Dans ce secteur, vous pouvez aussi lancer un site de voyance. Vous n’êtes pas cartomancien ? Ni gourou ? Aucune importance, aucun diplôme n’est exigé ! Affirmez que vous êtes d’une notoriété internationale – et appâtez vos clients au moyen d’un mailing affirmant que le premier contact est gratuit ! Que dire au client potentiel que vous ne connaissez pas ? Très simple : « Oui… je vois… en ce moment, vous avez de graves problèmes ( sentimentaux, d’argent ), vous vous posez des questions sur votre avenir – mais je vois un homme ( ou une femme ) qui s’intéresse de très près à vous et n’ose pas vous le dire. Vous allez bientôt recevoir un chèque ( ou un héritage, ou un contrat, ou la réponse à la demande que vous avez récemment formulée ). » Et s’il n’y a pas de résultat, me dites-vous ? Aucune importance, vous n’avez promis aucune garantie. Assurez qu’il faut attendre encore un peu ( et faites payer le client ). C’est fou, le nombre de gens qui sont prêts à consulter,  et à croire ce qu’ils ont envie d’entendre !

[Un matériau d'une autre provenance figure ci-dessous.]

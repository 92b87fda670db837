-- ===== src/Notify/Retry.antt =====
-- `_retry_tick` of backend/app/tasks/notifications.py: the sweep over the dead letters that are
-- due. `ImmediateAlert.model_validate` is pydantic's: an argument that gives the attack class of
-- the payloads that validate.
pub mod Withdrawal
use transaction_monitoring_s.Prelude.{
  ℕ, String, Bool, false, Option, none, some, List, [], ◌∷◌, if◌then◌else◌,
}
use transaction_monitoring_s.Notify.DeadLetter.{
  Failed, count_failed_attempt, delete_failed_notification, due_failed_notifications,
}
use transaction_monitoring_s.Notify.Triggers.{Config, Dispatch, resolve_dispatch, selected_channels}
use transaction_monitoring_s.Notify.Delivery
use transaction_monitoring_s.Notify.Delivery.{
  Store, Alert, Status, failed, sent, duplicate, deliver_with_dedup,
}

-- The outside while one row is processed: `recount_raises` is the count in the `except`.
pub record Env : Type 0 where
  pub delivery : Delivery.Env
  pub delete_raises : Bool
  pub count_raises : Bool
  pub recount_raises : Bool
  pub counted_at : ℕ

pub record Sweep : Type 0 where
  pub config : Config
  pub window_minutes : ℕ
  pub max_attempts : ℕ
  pub attack_class_of : String → Option String

-- The alert that is delivered again.
abbrev pub alert_of : Failed → List Dispatch → Alert
alert_of row ds = record {
  key = row.key;
  band = row.band;
  payload = row.payload;
  dispatches = ds;
  group = row.group;
}

module _ (sweep : Sweep) (env : Env) (row : Failed) where
  unfoldable pub counted : Store → Store
  counted s = record s {
    failed = count_failed_attempt sweep.max_attempts env.counted_at row s.failed;
  }

  -- The body of the `except`.
  unfoldable pub rescue : Store → Store
  rescue s = if env.recount_raises then s else counted s

  unfoldable pub count : Store → Store
  count s = if env.count_raises then rescue s else counted s

  unfoldable pub withdraw : Store → Store
  withdraw s =
      if env.delete_raises
      then rescue s
      else record s { failed = delete_failed_notification row.key s.failed }

  -- What follows the second delivery.
  unfoldable pub settle_row : Store × Status → Store
  settle_row (s, failed) = count s
  settle_row (s, sent) = withdraw s
  settle_row (s, duplicate) = withdraw s

  -- By the dispatches, and the channels that the config selects.
  unfoldable pub retry_routed : List Dispatch → List String → Store → Store
  retry_routed [] [] s = withdraw s
  retry_routed [] (n ∷ ns) s = count s
  retry_routed (d ∷ ds) ns s =
      settle_row
        (deliver_with_dedup env.delivery sweep.window_minutes (alert_of row (d ∷ ds)) false s)

  -- By the attack class of the payload, if it validates.
  unfoldable pub retry_payload : Option String → Store → Store
  retry_payload none s = rescue s
  retry_payload (some cls) s =
      retry_routed (resolve_dispatch sweep.config row.band cls)
        (selected_channels sweep.config row.band cls) s

  unfoldable pub retry_row : Store → Store
  retry_row s = retry_payload (sweep.attack_class_of row.payload) s

-- The rows in order; each is processed in its own `Env`, and the sweep ends with the rows.
unfoldable pub retry_rows : Sweep → (Failed → Env) → List Failed → Store → Store
retry_rows sweep envs [] s = s
retry_rows sweep envs (row ∷ rows) s = retry_rows sweep envs rows (retry_row sweep (envs row) row s)

unfoldable pub retry_tick : Sweep → (Failed → Env) → ℕ → ℕ → ℕ → Store → Store
retry_tick sweep envs base_backoff limit now s =
    retry_rows sweep envs (due_failed_notifications base_backoff limit now s.failed) s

Et si vous avez des scrupules d’honnêteté ( si ce n’est pas le cas, j’imagine que vous êtes déjà passeur de clandestins, trader ou revendeur de drogue ), visez donc le coatching en ligne.
Quel genre de coatching ? N’importe lequel – et n’hésitez pas à viser les secteurs encombrés, ce sont forcément les plus lucratifs !
Ah… zut, vous aimez la lecture, les livres, vous rêvez du monde de l’édition ? Et vous n’avez pas de diplôme ? Pas grave…
Créez une maison d’édition ! Mais si, des millions de gens écrivent et veulent être publiés – sur support papier ( c’est vrai ! ). Certains sont prêts à payer très cher pour avoir leur nom sur une couverture. Alors dites que vous cherchez de bons manuscrits. Et quand vous en recevrez ( si, si, vous en recevrez, et beaucoup, ils ne seront pas forcément bons mais qu’importe ! ), ne prenez même pas la peine de les lire. Ne suggérez aucune correction ou modification ( ça pourrait vexer le client ) et affirmez que c’est parfait, que c’est exactement le genre d’ouvrages que vous recherchiez. Bien sûr, vous prendrez un large bénéfice sur l’imprimeur qui fera le travail. Pas question non plus de diffuser ces publications ( d’ailleurs elles ne se vendraient pas ). L’auteur viendra prendre lui-même en charge dans l’entrepôt les 300, 1 000 ou 2 000 exemplaires de son ouvrage. Qu’il ne sache plus quoi en faire ensuite, ce n’est pas votre problème.
Si quelques scrupules vous restent, vous pouvez aussi, dans le même secteur, proposer vos services comme coatch d’écriture. Vous n’avez rien publié ? Pas grave. Affirmez que des génies comme Hugo ou Flaubert auraient sans doute fait de très mauvais coatchs. Et que les meilleurs directeurs littéraires n’ont en général jamais rien publié. Là encore, quand vous lirez les textes de vos clients, soyez très, très indulgents. Inutile de leur faire améliorer leur style, ou de leur enseigner des rudiments sur la construction d’un récit. Au contraire, flattez les. Et rassurez-vous : les guider ( ou faire semblant ) ne vous engage à aucun résultat.
Ah ! Un dernier conseil : quand vous aurez de l’argent, placez-le. Dans un paradis fiscal, évidemment ( contrairement aux effets d’annonce, ils ne sont pas près de disparaître ) N’hésitez pas à privilégier la Suisse – parce que si la Suisse veut réduire le quota de travailleurs értangers, l’argent étranger, lui, est plus que jamais le bienvenu. Attention : il vous sera cependant difficile d’ouvrir un compte à moins d’un ou deux millions d’euros.
Mieux encore : devenez banquier ! Et si un jour votre banque est au bord de la faillite, pas de panique : l’état ( c'est-à-dire les contribuables ) vous viendra en aide. Parce qu’on sauve toujours les banques. Sans contrepartie. Et avec l’argent public.
Non, non, je ne suis pas un pessimiste – juste un vieux schnock.